Semen quality is taken as a surrogate measure of male fecundity in clinical andrology, male fertility, reproductive toxicology, epidemiology and pregnancy risk assessments. Reference intervals for values of semen parameters from a fertile population could provide data from which prognosis of fertility or diagnosis of infertility can be extrapolated.
Semen samples from over 4500 men in 14 countries on four continents were obtained from retrospective and prospective analyses on fertile men, men of unknown fertility status and men selected as normozoospermic. Men whose partners had a time-to-pregnancy (TTP) of < or =12 months were chosen as individuals to provide reference distributions for semen parameters.
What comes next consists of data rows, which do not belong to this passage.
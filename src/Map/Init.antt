-- ===== src/Map/Init.antt =====
-- common/map.c: what `cfio_map_init` accepts, and what it then sets up.
use cfio.Prelude.{
  ℕ, ◌*◌, ◌%◌, ◌^◌, ◌<◌, ◌≤◌, ◌≡◌, ◌≢◌, refl, sym, ◌∙◌, ap, inl, inr, subst, Bool, true, false,
  some, ltb, if◌then◌else◌, arith,
}
use cfio.Map.{Config, get_factor, Outcome, ok, invalid_init_arg, fault, init, IsValid}
use cfio.Map.Exact.{divisors}
use cfio.Map.Ints.{get_factor-divisors, get_factor_or}
use cfio.Map.Settle.{
  end, ends, Missed-pair, settle-Found, settle-Missed, decomposed, decomposed-IsValid, init-settle,
  init-fault,
}

-- When the grid of clients and the wanted number of servers are positive, the wanted number is a
-- divisor of the columns times a divisor of the rows, there are as many server processes, fewer
-- than 2 ^ 31, each side of the grid is below 2147395600, the greatest square that an int holds,
-- and the clients are fewer than 2 ^ 31, cfio_map_init succeeds with a valid decomposition of the
-- grid among exactly that number of servers.
pub init-ok :
    (cx cy servers best comm server_comm a b : ℕ)
    → 0 < cx
    → 0 < cy
    → 0 < best
    → cx % a ≡ 0
    → cy % b ≡ 0
    → a * b ≡ best
    → best ≤ servers
    → servers < 2 ^ 31
    → cx < 2147395600
    → cy < 2147395600
    → cx * cy < 2 ^ 31
    → (c : Config) × (init cx cy servers best comm server_comm ≡ some (ok c))
      × IsValid c
      × (c.server_amount ≡ best)
      × (c.client_x_num ≡ cx)
      × (c.client_y_num ≡ cy)
init-ok cx cy servers best comm server_comm a b px py pb ha hb e h few sx sy area =
    let s = end cx cy servers best comm server_comm px py pb in
    elim (ends cx cy servers best comm server_comm px py pb) [
      | inr m ↦ absurd (Missed-pair cx cy servers best comm server_comm px py pb s a b m ha hb e)
      | inl f ↦
          let (u, v, hu, hv, uv, run) =
            settle-Found cx cy servers best comm server_comm px py pb s f in
          let t : ltb servers (u * v) ≡ false = ground arith in
          (
            decomposed cx cy servers best comm server_comm px py pb u v,
            init-settle cx cy servers best comm server_comm px py pb area
                  (get_factor-divisors cx sx) (get_factor-divisors cy sy)
                ∙ ap some (run ∙ rw t),
            decomposed-IsValid cx cy servers best comm server_comm px py pb u v hu hv,
            uv,
            refl,
            refl,
          )
    ]

init_pos :
    (cx cy servers best comm server_comm : ℕ) {o : Outcome}
    → init cx cy servers best comm server_comm ≡ some o
    → (0 < cx) × (0 < cy) × (0 < best)
unfolding init
init_pos cx cy servers best comm server_comm h = (ground arith, ground arith, ground arith)

-- What is accepted did not overflow.
init_area :
    (cx cy servers best comm server_comm : ℕ) (c : Config)
    → init cx cy servers best comm server_comm ≡ some (ok c)
    → cx * cy < 2 ^ 31
unfolding init
init_area cx cy servers best comm server_comm c h = ground arith

init_factors :
    (cx cy servers best comm server_comm : ℕ) (c : Config)
    → init cx cy servers best comm server_comm ≡ some (ok c)
    → 0 < cx
    → 0 < cy
    → 0 < best
    → (get_factor cx ≡ some (divisors cx)) × (get_factor cy ≡ some (divisors cy))
init_factors cx cy servers best comm server_comm c h px py pb =
    let fails = init-fault cx cy servers best comm server_comm px py pb in
    elim (get_factor_or cx) [
      | inl ex ↦ absurd (never_fault (sym h ∙ fails (inl ex)))
      | inr ex ↦ elim (get_factor_or cy) [
        | inl ey ↦ absurd (never_fault (sym h ∙ fails (inr (ex, ey))))
        | inr ey ↦ (ex, ey)
      ]
    ]
  where
    never_fault : {c : Config} → ¬ (some (ok c) ≡ some fault)
    never_fault h = cc

never_ok : (b : Bool) {c : Config} → ¬ (some (if b then fault else invalid_init_arg) ≡ some (ok c))
never_ok true h = cc
never_ok false h = cc

accepted :
    (servers n : ℕ) {d c : Config}
    → some (if ltb servers n then invalid_init_arg else ok d) ≡ some (ok c)
    → (n ≤ servers) × (d ≡ c)
accepted servers n h = (ground arith, ground arith)

-- What cfio_map_init accepts, without an int that overflows, is a valid decomposition with exactly
-- the wanted number of servers, which is at most the number of server processes.
pub init-IsValid :
    (cx cy servers best comm server_comm : ℕ) (c : Config)
    → init cx cy servers best comm server_comm ≡ some (ok c)
    → IsValid c × (c.server_amount ≡ best) × (best ≤ servers)
init-IsValid cx cy servers best comm server_comm c h =
    let (px, py, pb) = init_pos cx cy servers best comm server_comm h in
    let s = end cx cy servers best comm server_comm px py pb in
    let area = init_area cx cy servers best comm server_comm c h in
    let (ex, ey) = init_factors cx cy servers best comm server_comm c h px py pb in
    let run = sym (init-settle cx cy servers best comm server_comm px py pb area ex ey) ∙ h in
    elim (ends cx cy servers best comm server_comm px py pb) [
      | inr m ↦ absurd (
          never_ok _
            (sym (ap some (settle-Missed cx cy servers best comm server_comm px py pb s m)) ∙ run))
      | inl f ↦
          let (u, v, hu, hv, uv, found) =
            settle-Found cx cy servers best comm server_comm px py pb s f in
          let (fits, same) = accepted servers (u * v) (sym (ap some found) ∙ run) in
          subst (λ c. IsValid c × (c.server_amount ≡ best) × (best ≤ servers)) same
            (
              decomposed-IsValid cx cy servers best comm server_comm px py pb u v hu hv,
              uv,
              omega arith,
            )
    ]

-- When the grid and the wanted number of servers are positive, the wanted number is below 2 ^ 31
-- and no product of a divisor of the columns and a divisor of the rows, each side of the grid is
-- below 2147395600, the greatest square that an int holds, and the clients are fewer than 2 ^ 31,
-- cfio_map_init never succeeds: it reports the invalid argument, or, where twice the wanted number
-- exceeds five times the number of clients, reads an index that was never set.
pub init_inexact :
    (cx cy servers best comm server_comm : ℕ)
    → 0 < cx
    → 0 < cy
    → 0 < best
    → best < 2 ^ 31
    → cx < 2147395600
    → cy < 2147395600
    → cx * cy < 2 ^ 31
    → ((a b : ℕ) → cx % a ≡ 0 → cy % b ≡ 0 → a * b ≢ best)
    → init cx cy servers best comm server_comm
      ≡ some (if ltb (5 * (cx * cy)) (2 * best) then fault else invalid_init_arg)
init_inexact cx cy servers best comm server_comm px py pb few sx sy area none_exact =
    let s = end cx cy servers best comm server_comm px py pb in
    init-settle cx cy servers best comm server_comm px py pb area (get_factor-divisors cx sx)
      (get_factor-divisors cy sy)
    ∙ ap some (elim (ends cx cy servers best comm server_comm px py pb) [
      | inr m ↦ settle-Missed cx cy servers best comm server_comm px py pb s m
      | inl f ↦
          let (u, v, hu, hv, uv, _) =
            settle-Found cx cy servers best comm server_comm px py pb s f in
          absurd (none_exact u v hu hv uv)
    ])
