-- ===== src/Server.antt =====
-- server/server.c: the messages in the bytes that a server read from a client's memory.
pub mod Framing
pub mod Ring
use cfio.Prelude.{
  ℕ, zero, suc, ◌+◌, ◌-◌, ◌%◌, ◌^◌, Bool, true, false, Option, none, some, List, [], ◌∷◌, ◌++◌,
  ◌==◌, if◌then◌else◌, ltb, leb, ◌>>=◌, take, drop,
}
use cfio.Memory.{Bytes, decode}
use cfio.Buffer.{size_t_mod}
use cfio.Buffer.Pack.{sizeof_size_t}
use cfio.Map.{Config}
use cfio.Recv.{Receiver, Status, recv_buf_full, unexpected_msg, ok, add_msg}

-- What the file keeps for one client, with the number of the clients that have messages. `region` is
-- the memory at `cfio_rdma_server_get_data`.
pub record Region : Type 0 where
  pub region : Bytes
  pub local_len : ℕ
  pub copy_len : ℕ
  pub msg_cnt : ℕ
  pub msg_clt_cnt : ℕ

-- The counters after a message was taken; each is an `int`.
abbrev pub copied : ℕ → Region → Region
copied msg_size g =
    let msg_cnt = (g.msg_cnt + 1) % 2 ^ 32 in
    record g {
      copy_len = (g.copy_len + msg_size) % 2 ^ 32;
      msg_cnt = msg_cnt;
      msg_clt_cnt = (g.msg_clt_cnt + (if msg_cnt == 1 then 1 else 0)) % 2 ^ 32;
    }

-- The loop, and whether a message was taken. `none` is a failed assertion or the end of the process.
unfoldable pub copy_msgs :
    ℕ → Config → ℕ → Bool → Region → Receiver → Option (Bool × Region × Receiver)
unfolding add_msg
copy_msgs zero c client_id change g s = none
copy_msgs (suc n) c client_id change g s =
    let at = drop g.copy_len g.region in
    let msg_size = decode (take sizeof_size_t at) in
    if ltb g.local_len (g.copy_len + sizeof_size_t)
    then some (change, g, s)
    else if ltb g.local_len ((g.copy_len + msg_size) % size_t_mod)
    then some (change, g, s)
    else add_msg c client_id msg_size at s >>= (λ r. elim r.0 [
      | recv_buf_full ↦ some (change, g, r.1)
      | unexpected_msg ↦ none
      | ok ↦ copy_msgs n c client_id true (copied msg_size g) r.1
    ])

-- What is left moves to the start of the region. `none` is a `memcpy` between places that overlap,
-- where it promises nothing.
abbrev pub move_rest : Region → Option Region
move_rest g =
    let rest = g.local_len - g.copy_len in
    if ltb g.copy_len rest
    then none
    else some (record g {
      region = take rest (drop g.copy_len g.region) ++ drop rest g.region;
      local_len = rest;
      copy_len = 0;
    })

-- Each message has a byte at least.
unfoldable pub copy_data_to_list : Config → ℕ → Region → Receiver → Option (Region × Receiver)
unfolding copy_msgs
copy_data_to_list c client_id g s =
    copy_msgs (g.local_len + 1) c client_id false g s
    >>= (λ r. (if r.0 then move_rest r.1 else some r.1) >>= (λ g'. some (g', r.2)))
Distributions were also generated for a population assumed to represent the general population.
The following one-sided lower reference limits, the fifth centiles (with 95th percent confidence intervals), were generated from men whose partners had TTP < or = 12 months: semen volume, 1.5 ml (1.4-1.7); total sperm number, 39 million per ejaculate (33-46); sperm concentration, 15 million per ml (12-16); vitality, 58% live (55-63); progressive motility, 32% (31-34); total (progressive + non-progressive) motility, 40% (38-42); morphologically normal forms, 4.0% (3.0-4.0). Semen quality of the reference population was superior to that of the men from the general population and normozoospermic men.
The data represent sound reference distributions of semen characteristics of fertile men in a number of countries. They provide an appropriate tool in conjunction with clinical data to evaluate a patient's semen quality and prospects for fertility.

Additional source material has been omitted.